JamesTurland / JimsGarage

Homelab Goodies
1.94k stars 445 forks source link

K3S-Deploy - Suggestions for enhancement #68

Open nmehran opened 7 months ago

nmehran commented 7 months ago

Below are some simple enhancements which will improve the robustness of the k3s.sh script.

End script immediately on error

Note: This will provide a cleaner log as to what caused the error.

Insert at the top of the script:

set -e  # Exit immediately if a command exits with a non-zero status.

Update and upgrade system packages, with lock mitigation support.

Add:

# Update and upgrade system packages, with lock mitigation support
attempt_limit=10
attempt_delay_seconds=3
for ((attempt=1; attempt<=attempt_limit; attempt++)); do
    if sudo apt-get update && sudo apt-get upgrade -y; then
        echo "Package list updated and packages upgraded successfully."
        break # Success
    elif ((attempt == attempt_limit)); then
        echo "Failed to update and upgrade packages within $attempt_limit attempts."
        exit 1 # Failure after all attempts
    else
        echo "Attempt $attempt of $attempt_limit failed.
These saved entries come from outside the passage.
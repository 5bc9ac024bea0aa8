-- ===== src/RuntimeConfig/Patch.antt =====
-- A patch of the behaviour, bot/src/runtime/runtime-config-manager.ts.
use bobby_execute.Base.{
  ◌+◌, String, Bool, true, false, not, ◌&&◌, ◌||◌, Option, none, some, [], ◌∷◌, ◌++◌, ltb,
  if◌then◌else◌, ◌otherwise◌,
}
use bobby_execute.RuntimeConfig.Types.{RuntimeMode, RuntimeBehavior, RuntimeBehaviorPatch, absent}
use bobby_execute.RuntimeConfig.Behavior.{
  is_live_mode_family, is_valid_patch, build_runtime_behavior_from_seed, restart_required_for_patch,
}
use bobby_execute.RuntimeConfig.Records.{
  VersionRecord, active_version, ActiveRecord, runtime_config, Manager, Env,
}
use bobby_execute.RuntimeConfig.Views.{build_status, build_signal}
use bobby_execute.RuntimeConfig.Boundary.{pass_boundaries}
use bobby_execute.RuntimeConfig.Queue.{
  MutationResult, ended, threw, Work, result, enqueue, make_state, latest_number, persist_snapshot,
  after_call, stored_active, stored_change, change, refuse,
}

abbrev pub is_live_patch : Option RuntimeMode → Bool
is_live_patch none = false
is_live_patch (some mode) = is_live_mode_family mode

-- a version that is applied is shown, and for another one only the signal in memory changes
abbrev pub finish_version : Bool → Env → Manager → Manager
finish_version true env m = persist_snapshot env m
finish_version false env m = record m { state = record m.state { signal = build_signal m.state } }

-- The behaviour patch, once it has a new version: outside a cycle it is applied at once, unless it
-- requires a restart. A boundary that passes while the version is created stands before the patch.
module _ (patch : RuntimeBehaviorPatch) (actor : String) (reason : Option String) (env : Env) where
  unfoldable pub request_version : RuntimeBehavior → Manager → Work
  unfolding restart_required_for_patch build_signal build_status
  request_version behavior m =
      let base = m.state in
      let restart = restart_required_for_patch patch in
      let version : VersionRecord = record {
        id = env.version_id;
        version_number = latest_number m.repository.versions + 1;
        config = behavior;
        config_hash = env.hash behavior base.requested.overlay;
        previous_version_id = some base.requested.version.id;
        status = active_version;
        created_by = actor;
        reason = some (reason otherwise "runtime config patch");
        created_at = env.now;
        activated_at = none;
        activated_by = none;
        applied_at = none;
        applied_by = none;
      } in
      let m0 = record m {
        repository = record m.repository { versions = m.repository.versions ++ version ∷ [] };
      } in
      let overlay = record base.requested.overlay {
        pending_restart = restart;
        pending_reason = if restart then some "runtime config change requires restart" else none;
      } in
      let now = not restart && not (ltb 0 m.cycle_depth) in
      let requested =
        make_state version overlay env.now (if now then some env.now else base.applied.applied_at)
          (not now) restart in
      let applied =
        if now
        then make_state version overlay env.now (some env.now) false false
        else base.applied in
      let valid = if now then version else base.last_valid_version in
      let row : ActiveRecord = record {
        active_version_id = version.id;
        requested_version_id = version.id;
        applied_version_id = applied.version.id;
        last_valid_version_id = valid.id;
        reload_nonce = overlay.reload_nonce;
        paused = overlay.paused;
        pause_scope = overlay.pause_scope;
        pause_reason = overlay.pause_reason;
        kill_switch = overlay.kill_switch;
        kill_switch_reason = overlay.kill_switch_reason;
        pending_apply = not now;
        pending_reason = overlay.pending_reason;
        requires_restart = restart;
        requested_at = env.now;
        applied_at = if now then some env.now else base.applied.applied_at;
        updated_at = env.now;
      } in
      let active = record row {
        pending_reason =
            if now
            then overlay.pending_reason
            else some "runtime config change queued until cycle boundary";
      } in
      let entry =
        change runtime_config actor true version (some behavior) base.requested.overlay overlay
          reason none base.requested.version env.now in
      let m1 = record m0 {
        state = record base {
          requested = requested;
          applied = applied;
          last_valid_version = valid;
          active = active;
          signal = build_signal base;
        };
        pending_applied = if restart || now then none else some requested;
      } in
      let m2 = pass_boundaries env.faults.meanwhile env (stored_active row m1) in
      let m3 = stored_change entry m2 in
      let m4 = finish_version now env m3 in
      after_call env.faults.create_version m (
        after_call env.faults.update_active m1 (
          after_call env.faults.append_change_log m2
            (m4, ended (result runtime_config true none (some applied.version.id) m4))))

  -- the merged behaviour's schema may throw
  abbrev pub patch_merged : Option RuntimeBehavior → Manager → Work
  patch_merged none m = (m, threw env.schema_error)
  patch_merged (some behavior) m = request_version behavior m

  -- `applyBehaviorPatch`
  unfoldable pub apply_behavior_patch : Bool → Manager → Manager × MutationResult
  unfolding enqueue is_valid_patch build_runtime_behavior_from_seed request_version
  apply_behavior_patch allow_live = enqueue runtime_config λ m.
      if not (is_valid_patch patch)
      then refuse runtime_config actor reason env.schema_error env m
      else if is_live_patch patch.mode && not allow_live
      then refuse runtime_config actor reason
          "live mode changes require the live promotion workflow" env m
      else patch_merged (build_runtime_behavior_from_seed m.state.requested.version.config patch) m

-- `` `mode set to ${mode}` ``
abbrev pub mode_reason : RuntimeMode → String
mode_reason RuntimeMode.disabled = "mode set to disabled"
mode_reason RuntimeMode.observe = "mode set to observe"
mode_reason RuntimeMode.paper = "mode set to paper"
mode_reason RuntimeMode.live_limited = "mode set to live_limited"
mode_reason RuntimeMode.live = "mode set to live"

abbrev pub mode_patch : RuntimeMode → RuntimeBehaviorPatch
mode_patch mode = record {
  mode = some mode;
  rollout_posture = none;
  execution_toggles = none;
  polling_interval_ms = none;
  filters = none;
  adapter_toggles = none;
  rate_caps = none;
  thresholds = none;
  feature_flags = none;
  notes = absent;
}

-- `setMode`, which passes the workflow of a live promotion by itself
unfoldable pub set_mode :
    RuntimeMode → String → Option String → Env → Manager → Manager × MutationResult
set_mode mode actor reason env =
    apply_behavior_patch (mode_patch mode) actor (some (reason otherwise mode_reason mode)) env true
Retrying in $attempt_delay_seconds seconds..."
        sleep $attempt_delay_seconds
    fi
done

Synchronize node NTPs to ensure time synchronization on nodes

Note: k3sup and other downloads may fail if time is not synchronized between VM snapshots, so this is important.

Insert:

# Install policycoreutils for each node
for newnode in "${all[@]}"; do
  ssh $user@$newnode -i ~/.ssh/$certName sudo su <<EOF
  sudo timedatectl set-ntp off  # ***** This has been inserted *****
  sudo timedatectl set-ntp on  # ***** This has been inserted *****
  NEEDRESTART_MODE=a apt install policycoreutils -y
  exit
EOF
  echo -e " \033[32;5mPolicyCoreUtils installed!\033[0m"
done

Add robust wait on "Install Metallb"

Append:

# Step 8: Install Metallb
kubectl apply -f https://raw.githubusercontent.com/metallb/metallb/v0.12.1/manifests/namespace.yaml
kubectl apply -f https://raw.githubusercontent.com/metallb/metallb/v0.13.12/config/manifests/metallb-native.yaml
kubectl wait --for=condition=ready pod -l app=metallb --namespace=metallb-system --timeout=300s   # ***** This has been appended *****
JamesTurland commented 6 months ago

Thank you, I will test all of these when I can.

nmehran commented 5 months ago

After some further testing, your original time synchronization method seems to be more robust!

sudo timedatectl set-ntp off
sudo timedatectl set-ntp on

I think synchronizing the time for each node in the for newnode in "${all[@]}"; do loop is the most important improvement we could make, because in my tests, the nodes were failing to install k3sup dependencies without it.

I've gone ahead and edited the above post to reflect these changes.